More on Apple's Trust-Eroding 'F1 the Movie' Wallet Ad
Apple’s Wallet Ad as a Trust Break Point
- The F1 movie push notification from Apple Wallet is widely seen as crossing a red line: Wallet is associated with payments, identity, tickets, and “serious” data, not marketing.
- Even if the ad was not individually targeted, many argue perception matters: users will reasonably infer that their purchases and tickets are being watched and exploited.
- Commenters note Apple’s own App Store rules ban promotional push notifications without explicit opt‑in; Wallet’s campaign appears to violate those rules, highlighting double standards.
Privacy Branding vs. Reality
- Apple’s “Privacy. That’s Apple.” messaging is contrasted with growing ad surfaces (App Store search ads, Apple Music promos, Apple TV+ pushes, Maps/Widgets “nearby” promos).
- Some argue Apple is still more privacy‑respecting than ad‑funded rivals and is structurally incentivized to champion privacy as a differentiator.
- Others say this is largely marketing: citing extensive telemetry, iMessage backups undermining end‑to‑end encryption, and the abandoned client‑side photo‑scanning proposal as evidence Apple will cross lines when convenient.

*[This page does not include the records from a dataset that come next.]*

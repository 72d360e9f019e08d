-- ===== src/Tapfd/Payload/RoundTrip.antt =====
-- The receiver reads the metadata that the sender wrote.
use mathlib.Core.List.{append-nil, append_assoc}
use connector.Base.{
  ℕ, ◌<◌, ◌≡◌, refl, sym, ap, ◌∙◌, true, false, List, [], ◌∷◌, ◌++◌, Result, ok, Bytes, arith, ◌==◌,
  All, if◌then◌else◌, refuse-ok, ltb, length, Bool-cases, inl, inr, ==_iff,
}
use connector.Text.{codes, fields, is_empty, is_digit, cut, has_byte, before_nul, format_uint}
use connector.Text.Words.{IsSolid, fields-word, fields-solid, has_byte_none}
use connector.Text.Decimal.{parse_uint-format_uint, format_uint-All}
use connector.Tapfd.Response.{max_payload_size}
use connector.Tapfd.Payload.{
  PortMetadata, PayloadError, netns_part, payload_line, marshal, store_tokens, no_metadata,
  parse_payload, mac_required, inner_ip_required, fd_count_required, too_large,
}

digits-IsSolid : (s : Bytes) → All (λ c. is_digit c ≡ true) s → IsSolid s
digits-IsSolid [] h = tt
digits-IsSolid (c ∷ cs) (h, hs) = (ground arith, digits-IsSolid cs hs)

digits_no_nul : (s : Bytes) → All (λ c. is_digit c ≡ true) s → has_byte 0 s ≡ false
digits_no_nul [] h = refl
digits_no_nul (c ∷ cs) (h, hs) = ground (arith, digits_no_nul cs hs)

format_uint-IsSolid : (n : ℕ) → IsSolid (format_uint n)
format_uint-IsSolid n = digits-IsSolid (format_uint n) (format_uint-All n)

format_uint_no_nul : (n : ℕ) → has_byte 0 (format_uint n) ≡ false
format_uint_no_nul n = digits_no_nul (format_uint n) (format_uint-All n)

-- Metadata whose texts are words and whose numbers fit their types.
pub record IsMetadata (m : PortMetadata) : Type 0 where
  pub mac_word : IsSolid m.mac
  pub mac_no_nul : has_byte 0 m.mac ≡ false
  pub ip_word : IsSolid m.inner_ip
  pub ip_no_nul : has_byte 0 m.inner_ip ≡ false
  pub port_fits : m.port < 4294967296
  pub fd_fits : m.fd_count < 256
  pub netns_fits : m.netns_fd_count < 256

before_nul-append : (s more : Bytes) → has_byte 0 s ≡ false → before_nul (s ++ 0 ∷ more) ≡ s
unfolding before_nul
before_nul-append [] more h = refl
before_nul-append (c ∷ cs) more h = ground (arith, before_nul-append cs more)

netns_part_no_nul : (n : ℕ) → has_byte 0 (netns_part n) ≡ false
netns_part_no_nul n = elim (Bool-cases (n == 0)) [
  | inl e ↦ rw e refl
  | inr e ↦ rw e (format_uint_no_nul n)
]

payload_line_no_nul : (m : PortMetadata) → IsMetadata m → has_byte 0 (payload_line m) ≡ false
payload_line_no_nul m v = has_byte_none 0 (format_uint m.port) _ (format_uint_no_nul m.port) (
    has_byte_none 0 m.mac _ v.mac_no_nul (
      has_byte_none 0 m.inner_ip _ v.ip_no_nul (
        has_byte_none 0 (format_uint m.fd_count) _ (format_uint_no_nul m.fd_count)
          (netns_part_no_nul m.netns_fd_count))))

abbrev netns_tokens : ℕ → List Bytes
netns_tokens n = if n == 0 then [] else (codes "netns_fd=" ++ format_uint n) ∷ []

fields-fd_part :
    (fd n : ℕ)
    → fields (codes "fd=" ++ (format_uint fd ++ netns_part n))
      ≡ (codes "fd=" ++ format_uint fd) ∷ netns_tokens n
fields-fd_part fd n = elim (Bool-cases (n == 0)) [
  | inl e ↦ rw e (
      ap (λ s. fields (codes "fd=" ++ s)) (append-nil (format_uint fd))
      ∙ fields-solid (codes "fd=" ++ format_uint fd) (ground (arith, format_uint-IsSolid fd)) refl)
  | inr e ↦ rw e (
      fields-word (codes "fd=" ++ format_uint fd) (codes "netns_fd=" ++ format_uint n) b' '
        (ground (arith, format_uint-IsSolid fd)) refl refl
      ∙ ap (λ r. (codes "fd=" ++ format_uint fd) ∷ r)
          (fields-solid (codes "netns_fd=" ++ format_uint n) (ground (arith, format_uint-IsSolid n))
            refl))
]

abbrev tokens_of : PortMetadata → List Bytes
tokens_of m =
    (codes "port=" ++ format_uint m.port)
    ∷ (codes "mac=" ++ m.mac)
    ∷ (codes "ip=" ++ m.inner_ip)
    ∷ (codes "fd=" ++ format_uint m.fd_count)
    ∷ netns_tokens m.netns_fd_count

fields-payload_line : (m : PortMetadata) → IsMetadata m → fields (payload_line m) ≡ tokens_of m
fields-payload_line m v =
    fields-word (codes "port=" ++ format_uint m.port) _ b' '
      (ground (arith, format_uint-IsSolid m.port)) refl refl
    ∙ ap (λ r. (codes "port=" ++ format_uint m.port) ∷ r)
        (fields-word (codes "mac=" ++ m.mac) _ b' ' (ground (arith, v.mac_word)) refl refl
          ∙ ap (λ r. (codes "mac=" ++ m.mac) ∷ r)
              (fields-word (codes "ip=" ++ m.inner_ip) _ b' ' (ground (arith, v.ip_word)) refl refl
                ∙ ap (λ r. (codes "ip=" ++ m.inner_ip) ∷ r)
                    (fields-fd_part m.fd_count m.netns_fd_count)))

module _ (port fd n : ℕ) (mac ip : Bytes) where
  abbrev metadata : ℕ → PortMetadata
  metadata k = record { port = port; mac = mac; inner_ip = ip; fd_count = fd; netns_fd_count = k }

  store_tokens-netns : n < 256 → store_tokens (netns_tokens n) (metadata 0) ≡ ok (metadata n)
  unfolding store_tokens cut
  store_tokens-netns h = elim (Bool-cases (n == 0)) [
    | inl e ↦ rw e (ap (λ k. ok (metadata k)) (sym ((==_iff n 0).0 e)))
    | inr e ↦ rw (e, parse_uint-format_uint 256 n h) refl
  ]

  store_tokens-tokens_of :
      port < 4294967296
      → fd < 256
      → n < 256
      → store_tokens (tokens_of (metadata n)) no_metadata ≡ ok (metadata n)
  unfolding store_tokens cut
  store_tokens-tokens_of hp hf hn =
      rw (parse_uint-format_uint 4294967296 port hp, parse_uint-format_uint 256 fd hf)
        (store_tokens-netns hn)

-- What a successful marshalling gives.
pub marshal-line :
    (m : PortMetadata) (sent : Bytes) → marshal m ≡ ok sent → sent ≡ payload_line m ++ 0 ∷ []
unfolding marshal
marshal-line m sent h =
    let (_, h1) = refuse-ok (is_empty m.mac) mac_required _ h in
    let (_, h2) = refuse-ok (is_empty m.inner_ip) inner_ip_required _ h1 in
    let (_, h3) = refuse-ok (m.fd_count == 0) fd_count_required _ h2 in
    sent_line
      (refuse-ok (ltb max_payload_size (length (payload_line m ++ 0 ∷ []))) too_large _ h3).1
  where
    sent_line : {x y : Bytes} → ◌≡◌ {A = Result PayloadError Bytes} (ok x) (ok y) → y ≡ x
    sent_line e = cc

-- What the sender marshals, with any bytes behind it, is parsed to the same metadata, whenever the
-- address texts are words without NUL and the numbers fit their types.
pub marshal-parse :
    (m : PortMetadata) (sent more : Bytes)
    → IsMetadata m
    → marshal m ≡ ok sent
    → parse_payload (sent ++ more) ≡ ok m
unfolding parse_payload
marshal-parse m sent more v h =
    ap (λ s. parse_payload (s ++ more)) (marshal-line m sent h)
    ∙ ap parse_payload (append_assoc (payload_line m) (0 ∷ []) more)
    ∙ ap (λ s. store_tokens (fields s) no_metadata)
        (before_nul-append (payload_line m) more (payload_line_no_nul m v))
    ∙ ap (λ ts. store_tokens ts no_metadata) (fields-payload_line m v)
    ∙ store_tokens-tokens_of m.port m.fd_count m.netns_fd_count m.mac m.inner_ip v.port_fits
        v.fd_fits v.netns_fits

Historical Echoes: U2 Album, Mozilla, and Notification Spam
- The incident is repeatedly likened to the forced U2 album: an unwanted “gift” that polluted libraries and auto‑played in cars for years, eroding trust and control.
- Mozilla’s Mr. Robot promotion is referenced as another case where marketing spent hard‑won trust for short‑term media tie‑ins.
- More broadly, people link this to universal notification abuse: Uber, delivery apps, Google Photos, Windows, and others using “critical” or vague channels to push offers.
Apple’s Cultural Drift and Leadership Critique
- Many see this as a symptom of Apple’s shift from “build great products, profits will follow” to “everything is a revenue stream.”
- There’s extensive nostalgia for the Jobs era: stories of tasteless ideas being killed instantly, and a belief that this Wallet ad would never have shipped then.
- Tim Cook is characterized as an operations/finance leader who tolerates ads, lock‑in, and over‑monetization; some call for a product‑centric successor.
Lock‑In, Alternatives, and Enshittification
- A recurring theme: Apple may be “best of bad options,” but users feel increasingly trapped as hardware innovation slows and services/ads grow.
- Alternatives (Android, Linux, GrapheneOS, Pinephone, etc.) are debated: some prioritize freedom over polish; others describe them as too fragile, janky, or labor‑intensive.
- Several see this as classic late‑stage capitalism: once growth from devices plateaus, companies inevitably squeeze users with ads and dark patterns until trust and experience decay.